Departures follow attack on beach resort in Sousse, leading to 38 tourists’ deaths and prompting closure of 80 mosques.
Armed police are patrolling Tunisia’s beach resorts after the government said it would deploy hundreds more inside hotels after Friday’s attack in Sousse that left 38 foreigners dead.
After an emergency meeting late on Saturday, Interior Minister Najem Gharsalli promised new steps to ensure the “protection of Tunisia’s tourist sites and beaches by armed police units”.
“We can no longer refrain from taking difficult measures,” Gharsalli said in a statement carried by Mosaique FM radio
“We don’t want to make tourist establishments into barracks, that’s not our goal.

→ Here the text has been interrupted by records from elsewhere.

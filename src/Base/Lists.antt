-- ===== src/Base/Lists.antt =====
-- Lists measured by native numbers, searched by Boolean tests.
use Prim.Native.Nat.{ℕ, zero, suc, ◌+◌, ◌-◌, min}
use mathlib.Core.Path.{◌≡◌, refl, ap}
use mathlib.Core.Bool.{Bool, true, false, ◌||◌, ◌&&◌}
use mathlib.Core.List.{List, [], ◌∷◌, ◌++◌, Memᴰ}
use mathlib.Core.Logic.{◌⊎◌, inl, inr}
use mathlib.Core.Option.{Option, none, some}
use native.Mathlib.Omega.{arith}
use mykvm.Base.Tests.{if◌then◌else◌, some_same}

module _ {ℓ} {A : Type ℓ} where
  abbrev pub length : List A → ℕ
  length [] = 0
  length (x ∷ xs) = suc (length xs)

  abbrev pub take : ℕ → List A → List A
  take zero xs = []
  take (suc n) [] = []
  take (suc n) (x ∷ xs) = x ∷ take n xs

  abbrev pub drop : ℕ → List A → List A
  drop zero xs = xs
  drop (suc n) [] = []
  drop (suc n) (x ∷ xs) = drop n xs

  -- `iter().any(..)`, `iter().all(..)` and `iter().find(..)`.
  abbrev pub any : (A → Bool) → List A → Bool
  any p [] = false
  any p (x ∷ xs) = p x || any p xs

  abbrev pub all : (A → Bool) → List A → Bool
  all p [] = true
  all p (x ∷ xs) = p x && all p xs

  abbrev pub find : (A → Bool) → List A → Option A
  find p [] = none
  find p (x ∷ xs) = if p x then some x else find p xs

  abbrev pub is_nil : List A → Bool
  is_nil [] = true
  is_nil (x ∷ xs) = false

  pub length-append : (xs ys : List A) → length (xs ++ ys) ≡ length xs + length ys
  length-append [] ys = omega arith
  length-append (x ∷ xs) ys = omega (arith, length-append xs ys)

  pub take-append-drop : (n : ℕ) (xs : List A) → take n xs ++ drop n xs ≡ xs
  take-append-drop zero xs = refl
  take-append-drop (suc n) [] = refl
  take-append-drop (suc n) (x ∷ xs) = rw (take-append-drop n xs)

  pub length-drop : (n : ℕ) (xs : List A) → length (drop n xs) ≡ length xs - n
  length-drop zero xs = omega arith
  length-drop (suc n) [] = omega arith
  length-drop (suc n) (x ∷ xs) = omega (arith, length-drop n xs)

  pub length-take : (n : ℕ) (xs : List A) → length (take n xs) ≡ min n (length xs)
  length-take zero xs = omega arith
  length-take (suc n) [] = omega arith
  length-take (suc n) (x ∷ xs) = omega (arith, length-take n xs)

  abbrev pub get_elem? : List A → ℕ → Option A
  get_elem? [] i = none
  get_elem? (x ∷ xs) zero = some x
  get_elem? (x ∷ xs) (suc i) = get_elem? xs i

  -- A write out of bounds changes nothing.
  abbrev pub set : List A → ℕ → A → List A
  set [] i v = []
  set (x ∷ xs) zero v = v ∷ xs
  set (x ∷ xs) (suc i) v = x ∷ set xs i v

  abbrev pub replicate : ℕ → A → List A
  replicate zero x = []
  replicate (suc n) x = x ∷ replicate n x

  abbrev pub total : (A → ℕ) → List A → ℕ
  total f [] = 0
  total f (x ∷ xs) = f x + total f xs

  pub total-append : (f : A → ℕ) (xs ys : List A) → total f (xs ++ ys) ≡ total f xs + total f ys
  total-append f [] ys = omega arith
  total-append f (x ∷ xs) ys = omega (arith, total-append f xs ys)

  -- What the other elements weigh, whatever the element at this place turns into.
  pub total-set :
      (f : A → ℕ) (xs : List A) (i : ℕ) (x : A)
      → get_elem? xs i ≡ some x
      → (rest : ℕ) × (total f xs ≡ f x + rest) × ((y : A) → total f (set xs i y) ≡ f y + rest)
  total-set f [] i x e = absurd (cc)
  total-set f (y ∷ xs) zero x e = (total f xs, ap (λ t. f t + total f xs) (some_same e), λ z. refl)
  total-set f (y ∷ xs) (suc i) x e =
      let ih = total-set f xs i x e in (f y + ih.0, omega (arith, ih.1), λ z. omega (arith, ih.2 z))

  -- Membership, by the places of a list.
  pub mem_uncons : {q p : A} {ps : List A} → Memᴰ q (p ∷ ps) → (q ≡ p) ⊎ Memᴰ q ps
  mem_uncons (Memᴰ.head e) = inl e
  mem_uncons (Memᴰ.tail m) = inr m

  pub mem_snoc : {q : A} (ps : List A) (r : A) → Memᴰ q (ps ++ (r ∷ [])) → Memᴰ q ps ⊎ (q ≡ r)
  mem_snoc [] r m = elim (mem_uncons m) [ inl e ↦ inr e | inr n ↦ elim n [ ] ]
  mem_snoc (p ∷ ps) r m = elim (mem_uncons m) [
    | inl e ↦ inl (Memᴰ.head e)
    | inr n ↦ elim (mem_snoc ps r n) [ inl k ↦ inl (Memᴰ.tail k) | inr e ↦ inr e ]
  ]

  pub snoc_mem : (ps : List A) (r : A) → Memᴰ r (ps ++ (r ∷ []))
  snoc_mem [] r = Memᴰ.head refl
  snoc_mem (p ∷ ps) r = Memᴰ.tail (snoc_mem ps r)

  pub mem_left : {q : A} (ps rs : List A) → Memᴰ q ps → Memᴰ q (ps ++ rs)
  mem_left [] rs m = elim m [ ]
  mem_left (p ∷ ps) rs (Memᴰ.head e) = Memᴰ.head e
  mem_left (p ∷ ps) rs (Memᴰ.tail m) = Memᴰ.tail (mem_left ps rs m)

But we must act to guarantee the security of the tourist sector.”
The government also confirmed that it would stop all Tunisian men below the age of 35 from travelling to Libya.
Thousands of tourists have left Tunisia since the attack, which has shocked the North African country that relies heavily on tourism for jobs and foreign currency revenues.
‘Further attacks possible’
The British government cautioned on Sunday that further attacks “are possible” in Tunisia.
Interior Minister Theresa May told the BBC there had been no change in the British death toll of 15 dead, in the most signiifcant attack against UK citizens since the 2005 London bombings, but said: “We are expecting that to rise.”
In updated travel advice, the UK’s foreign ministry urged those who remained in Tunisia to be vigilant and said there was a risk of further incidents.
“Further terrorist attacks in Tunisia, including in tourist resorts, are possible, including by individuals who are unknown to the authorities and whose actions are inspired by terrorist groups via social media,” it said.
The British government held meetings of its emergency response committee on Friday and on Saturday, and May was due to chair a third meeting later on Sunday.
In Friday’s attack, an armed man disguised as a tourist opened fire on a beach outside two hotels with a weapon he had hidden in an umbrella.
The attacker was later shot by police, taking the death toll including the assailant to 39, with dozens of others injured.
The shooting came the same day as a bombing in Kuwait, which was also claimed by the Islamic State in Iraq and the Levent, and a beheading at a factory in France.
The head was surrounded by two Islamic flags bearing the Shahada, the profession of [the Muslim] faith.